8-cell launcher of the HHQ-10 (export: FL-3000N) close-in weapon system on a Type-056 corvette.
Source: Sakurai Chiichi - © GNU Attribution Share Alike license
The HHQ-10 is a close-in weapon system of Chinese origin. It is a rocked based system developed for the protection of ships against inbound anti-ship missiles. For export the HHQ-10 is available as the FL-3000N.
The HHQ-10 has several design commonalities with the US made RIM-116 RAM system. The 24-cell launcher looks similar to the US counterpart. Just like the Rolling Airframe Missile, the HHQ-10 missile is derived from an existing IR guided air to air missile. Despite these, the HHQ-10 is not a direct copy of the RIM-116 RAM system. The HHQ-10 is based on the TY-90 imaging infrared and passive radar homing missile and has a larger rocket motor. Unlike the RAM the HHQ-10 is not a rolling airframe missile.

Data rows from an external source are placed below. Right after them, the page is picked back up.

-- ===== src/Task.antt =====
-- src/task-runtime.ts: `runAgentTask`, which runs one task of an application on its qualified
-- adapter under a lease of the account.
pub mod Records
pub mod Same
pub mod Read
pub mod Receipts
pub mod Guards
pub mod Events
pub mod Proofs
pub mod Leases
pub mod Custody
pub mod Results
pub mod Cancels
pub mod Tests
use agentmixer.Prelude.{
  ℕ, ltb, leb, String, ◌==◌, Bool, true, false, not, ◌&&◌, ◌||◌, Option, none, some, List, [], ◌∷◌,
  is_some, if◌then◌else◌,
}
use agentmixer.Prelude.Result.{Result, ok, err}
use agentmixer.Prelude.Exec.{Exec, ◌>>=◌, ◌>>◌, pure, throw, lift, assert, modify}
use agentmixer.Validation.Data.{Value, string, nat, provider_eq}
use agentmixer.Validation.{safe_integer, max_safe_integer}
use agentmixer.Validation.Laws.{provider_name}
use agentmixer.Accounts.Rows.{Table, Lease}
use agentmixer.Accounts.Checks.{validate_lease}
use agentmixer.Accounts.{AcquireInput, acquire, release}
use agentmixer.Accounts.Return.{give_back}
use agentmixer.Task.Records.{Binding}
use agentmixer.Task.Receipts.{
  TaskOutcome, Completion, StopEvidence, unknown_usage, completion, stop_evidence,
}
use agentmixer.Task.Guards.{
  Adapter, Broker, Arrival, Admission, admit, execution_deadline, cleanup_deadline,
}
use agentmixer.Task.Events.{
  Reason, cancelled, deadline_exceeded, Settled, fulfilled, stopped_error, rejected, Course, early,
  stop_once, when_settled, final_reason,
}

pub record Timing : Type 0 where
  pub admitted_at : ℕ
  pub execution_deadline : ℕ
  pub cleanup_deadline : ℕ
  pub outer_deadline : ℕ
  pub joined_at : ℕ
  pub cleanup_deadline_exceeded : Bool

-- `AgentTaskResult`
pub record TaskResult : Type 0 where
  pub completion : Completion
  pub stop : StopEvidence
  pub timing : Timing

abbrev pub lease_input : Admission → AcquireInput
lease_input a = record {
  provider = string (provider_name a.request.route.provider);
  account_id = string a.request.account_id;
  owner = string a.request.run_id;
  now = nat a.began;
  ttl_ms = nat a.total;
}

-- Is the lease one of this task, to its outer deadline?
abbrev pub is_asked_lease : Admission → Lease → Bool
is_asked_lease a lease =
    provider_eq lease.provider a.request.route.provider
    && lease.account_id == a.request.account_id
    && lease.owner == a.request.run_id
    && leb (cleanup_deadline a) lease.expires_at

-- the binding of the execution, whose fields have passed the checks of `binding`
abbrev pub expected_binding : Admission → Lease → Binding
expected_binding a lease = record {
  route = a.request.route;
  account_id = a.request.account_id;
  workspace_id = a.request.workspace_id;
  run_id = a.request.run_id;
  profile = a.request.profile;
  model = a.request.model;
  runtime = a.proof;
  account_lease = lease;
  authority = a.request.authority;
}

-- `await broker.close()`
abbrev pub await_close : Bool → Exec Table (Unit {0})
await_close closed = assert closed "BROKER_CLOSE_FAILED"

-- the way out before the adapter is invoked
unfoldable pub leave : Lease → Course → String → Exec Table TaskResult
leave lease course code = do
  modify course.elsewhere
  await_close course.closed
  give_back lease
  throw code

abbrev pub early_code : Reason → String
early_code cancelled = "TASK_CANCELLED_BEFORE_ADAPTER"
early_code deadline_exceeded = "TASK_ADMISSION_DEADLINE"

abbrev pub failure : String → TaskOutcome
failure code = record { status = string "failed"; code = some code }

-- the completion of an adapter that failed and has stopped
abbrev pub stopped_completion : Binding → Completion
stopped_completion expected = record {
  binding = expected;
  output = none;
  usage = unknown_usage;
  outcome = failure "TASK_ADAPTER_STOPPED";
}

unfoldable pub settled_completion :
    Admission → Binding → Option Reason → Settled → Result Completion
settled_completion a expected reason (fulfilled value) =
    completion value expected a.request.limits.max_output_bytes
settled_completion a expected reason stopped_error = ok (stopped_completion expected)
settled_completion a expected reason rejected =
    if is_some reason
    then ok (stopped_completion expected)
    else err "TASK_ADAPTER_FAILED_CUSTODY_RETAINED"

abbrev pub reason_outcome : Reason → TaskOutcome
reason_outcome cancelled = record { status = string "cancelled"; code = some "TASK_CANCELLED" }
reason_outcome deadline_exceeded = record {
  status = string "deadline-exceeded";
  code = some "TASK_EXECUTION_DEADLINE";
}

-- the completion without its output, under another outcome
abbrev pub override : TaskOutcome → Completion → Completion
override outcome c = record c { output = none; outcome = outcome }

unfoldable pub final_completion : (exceeded : Bool) → Option Reason → Completion → Completion
final_completion true reason c = override (failure "TASK_CLEANUP_DEADLINE_EXCEEDED") c
final_completion false (some reason) c = override (reason_outcome reason) c
final_completion false none c = c

abbrev pub timing_of : Admission → (cleanup joined_at : ℕ) → Timing
timing_of a cleanup joined_at = record {
  admitted_at = a.began;
  execution_deadline = execution_deadline a;
  cleanup_deadline = cleanup;
  outer_deadline = cleanup_deadline a;
  joined_at = joined_at;
  cleanup_deadline_exceeded = ltb cleanup joined_at;
}

abbrev pub evidence_or_unproven : Option Value → Bool → Result Value
evidence_or_unproven (some value) true = ok value
evidence_or_unproven _ _ = err "TASK_CUSTODY_UNPROVEN"

-- from the call of the adapter's `run` to the end of the `try` block
unfoldable pub execute : Admission → Lease → Course → Exec Table TaskResult
unfolding settled_completion final_completion
execute a lease course =
    let expected = expected_binding a lease in
    let reason = final_reason a course in
    do
      cleanup ← lift (stop_once a course.stop_reading (when_settled a course).cleanup)
      modify course.elsewhere
      joined_at ← lift (safe_integer course.joined_at a.began max_safe_integer)
      value ← lift (evidence_or_unproven course.evidence course.closed)
      stop ← lift (stop_evidence value expected a.began joined_at)
      c ← lift (settled_completion a expected reason course.settled)
      give_back lease
      pure (record {
        completion = final_completion (ltb cleanup joined_at) reason c;
        stop = stop;
        timing = timing_of a cleanup joined_at;
      })

-- what follows the checks before the adapter, by what `cancelled` is after them
unfoldable pub start : Admission → Lease → Course → Option Reason → Exec Table TaskResult
unfolding leave execute
start a lease course (some reason) = leave lease course (early_code reason)
start a lease course none =
    if course.active
    then execute a lease course
    else leave lease course "TASK_BROKER_REVOKED_BEFORE_ADAPTER"

-- from the acquired lease on
abbrev pub hold : Admission → Lease → Course → Exec Table TaskResult
hold a lease course = start a lease course (early a course)

-- the outer `try` block
unfoldable pub run_admitted :
    List Adapter → Arrival → Course → Value → Broker → Exec Table TaskResult
unfolding start
run_admitted adapters arrival course input broker = do
  a ← lift (admit adapters arrival input broker)
  lease ← acquire (lease_input a)
  lift (validate_lease lease)
  assert (is_asked_lease a lease) "TASK_ACQUIRED_LEASE_MISMATCH"
  hold a lease course

-- `finally`: the broker is closed once more, and an error of that is thrown instead
unfoldable pub run_agent_task :
    List Adapter → Arrival → Course → Value → Broker → Exec Table TaskResult
unfolding run_admitted
run_agent_task adapters arrival course input broker table =
    let (result, after) = run_admitted adapters arrival course input broker table in
    if course.closed_last then (result, after) else (err "BROKER_CLOSE_FAILED", after)
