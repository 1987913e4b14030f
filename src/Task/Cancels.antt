-- ===== src/Task/Cancels.antt =====
-- The cancellation of a task of src/task-runtime.ts: which reason counts, and the cleanup deadline of
-- its stop.
use agentmixer.Prelude.{
  ℕ, ◌≤◌, ◌-◌, ◌≡◌, refl, sym, ap, ◌∙◌, Bool, true, false, Option, none, some, List, [], ◌∷◌, arith,
  if◌then◌else◌,
}
use agentmixer.Prelude.Result.{Result, ok, err, after_ok, ok_injective}
use mathlib.Core.Path.{subst}
use agentmixer.Validation.Data.{Value}
use agentmixer.Validation.{safe_integer, max_safe_integer}
use agentmixer.Task.Guards.{Admission, cleanup_deadline, execution_deadline}
use agentmixer.Task.Events.{
  Reason, cancelled, deadline_exceeded, Event, Course, Stopping, or_else, cancel, cancel_all,
  cleanup_from, stop_once, when_settled, final_reason, value_of, is_at_least,
}

-- The events after the first do not change the reason.
reason_stays :
    (a : Admission) (events : List Event) (s : Stopping) (reason : Reason)
    → s.cancelled ≡ some reason
    → (cancel_all a events s).cancelled ≡ some reason
unfolding cancel_all
reason_stays a [] s reason h = h
reason_stays a (event ∷ events) s reason h =
    reason_stays a events (cancel a event s) reason (rw h refl)

-- no event has happened
abbrev pub untroubled : Stopping
untroubled = record { cancelled = none; cleanup = none }

-- A reason that there is when the adapter settles stays.
settles_with :
    (late out_of_time : Bool) (s : Stopping) (reason : Reason)
    → s.cancelled ≡ some reason
    → let before =
        (if out_of_time
          then record s { cancelled = or_else s.cancelled deadline_exceeded }
          else s).cancelled in
      (if late then or_else before cancelled else before) ≡ some reason
settles_with true true s reason h = rw h refl
settles_with true false s reason h = rw h refl
settles_with false true s reason h = rw h refl
settles_with false false s reason h = h

-- The reason of the first event while the adapter runs is the reason of the task, whatever happens
-- afterwards: later events, the deadline, or an abort while everything stops.
pub first_reason :
    (a : Admission) (course : Course) (event : Event) (events : List Event)
    → course.running ≡ event ∷ events
    → final_reason a course ≡ some event.reason
unfolding cancel_all
first_reason a course event events h =
    settles_with course.late_abort (is_at_least course.settled_at (execution_deadline a))
      (cancel_all a course.running untroubled) event.reason
      (ap (λ l. (cancel_all a l untroubled).cancelled) h
        ∙ reason_stays a events (cancel a event untroubled) event.reason refl)

-- A cleanup deadline gives no more time than the outer deadline does.
IsCapped : Admission → Option ℕ → Type 0
IsCapped a none = Unit {0}
IsCapped a (some n) = n ≤ cleanup_deadline a

cleanup_from_lem :
    (a : Admission) (reading : Value) (n : ℕ)
    → cleanup_from a reading ≡ ok n
    → n ≤ cleanup_deadline a
unfolding cleanup_from
cleanup_from_lem a reading n h =
    after_ok (safe_integer reading a.began (max_safe_integer - a.request.limits.max_cleanup_ms)) _ h
      λ m m_ok last. omega (arith, ok_injective last)

IsCapped-value :
    (a : Admission) (r : Result ℕ)
    → ((n : ℕ) → r ≡ ok n → n ≤ cleanup_deadline a)
    → IsCapped a (value_of r)
unfolding IsCapped
IsCapped-value a (ok n) h = h n refl
IsCapped-value a (err e) h = tt

stop_once-capped :
    (a : Admission) (reading : Value) (o : Option ℕ) (n : ℕ)
    → IsCapped a o
    → stop_once a reading o ≡ ok n
    → n ≤ cleanup_deadline a
unfolding IsCapped
stop_once-capped a reading (some m) n h e = omega (arith, h, ok_injective e)
stop_once-capped a reading none n h e = cleanup_from_lem a reading n e

cancel_all-IsCapped :
    (a : Admission) (events : List Event) (s : Stopping)
    → IsCapped a s.cleanup
    → IsCapped a (cancel_all a events s).cleanup
unfolding cancel_all
cancel_all-IsCapped a [] s h = h
cancel_all-IsCapped a (event ∷ events) s h = cancel_all-IsCapped a events (cancel a event s) (
    IsCapped-value a (stop_once a event.reading s.cleanup)
      (λ n e. stop_once-capped a event.reading s.cleanup n h e))

same_cleanup :
    (b : Bool) (s : Stopping) (r : Option Reason)
    → (if b then record s { cancelled = r } else s).cleanup ≡ s.cleanup
same_cleanup true s r = refl
same_cleanup false s r = refl

-- The cleanup deadline of a stop is never later than the outer deadline that the lease was acquired
-- to, however the task is cancelled.
pub stop_capped :
    (a : Admission) (course : Course) (cleanup : ℕ)
    → stop_once a course.stop_reading (when_settled a course).cleanup ≡ ok cleanup
    → cleanup ≤ cleanup_deadline a
unfolding IsCapped
stop_capped a course cleanup h =
    stop_once-capped a course.stop_reading (when_settled a course).cleanup cleanup
      (subst (IsCapped a)
        (sym (
          same_cleanup (is_at_least course.settled_at (execution_deadline a))
            (cancel_all a course.running untroubled) _))
        (cancel_all-IsCapped a course.running untroubled tt))
      h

The launcher is controlled by the ship's combat management system. The HHQ-10 has no proprietary sensors and uses air search radar input to acquire targets. Reaction time is reported as 6 to 8 seconds. The system can operate in a fully autonomous mode and in the man-in-the-loop mode.
The HHQ-10 and FL-3000N use launchers with a capacity of 8 to 24 missiles. Each missile uses imaging infrared guidance and has a proximity fuse. Missiles with dual mode seeker feature additional passive radar homing. The solid propellant rocket motor allows for a maximum speed of over Mach 2. Against non-maneuvering subsonic targets the maximum range is 9 km. Maximum altitude is estimated up to 6 km. The practical maximum range against anti-ship missiles is 5 km.
The HHQ-10 is fitted onto various recent classes of ship operated by the PLA Navy. These range from Type-056 corvettes to various destroyers to aircraft carriers. The FL-3000N has been exported to Bangladesh and Nigeria.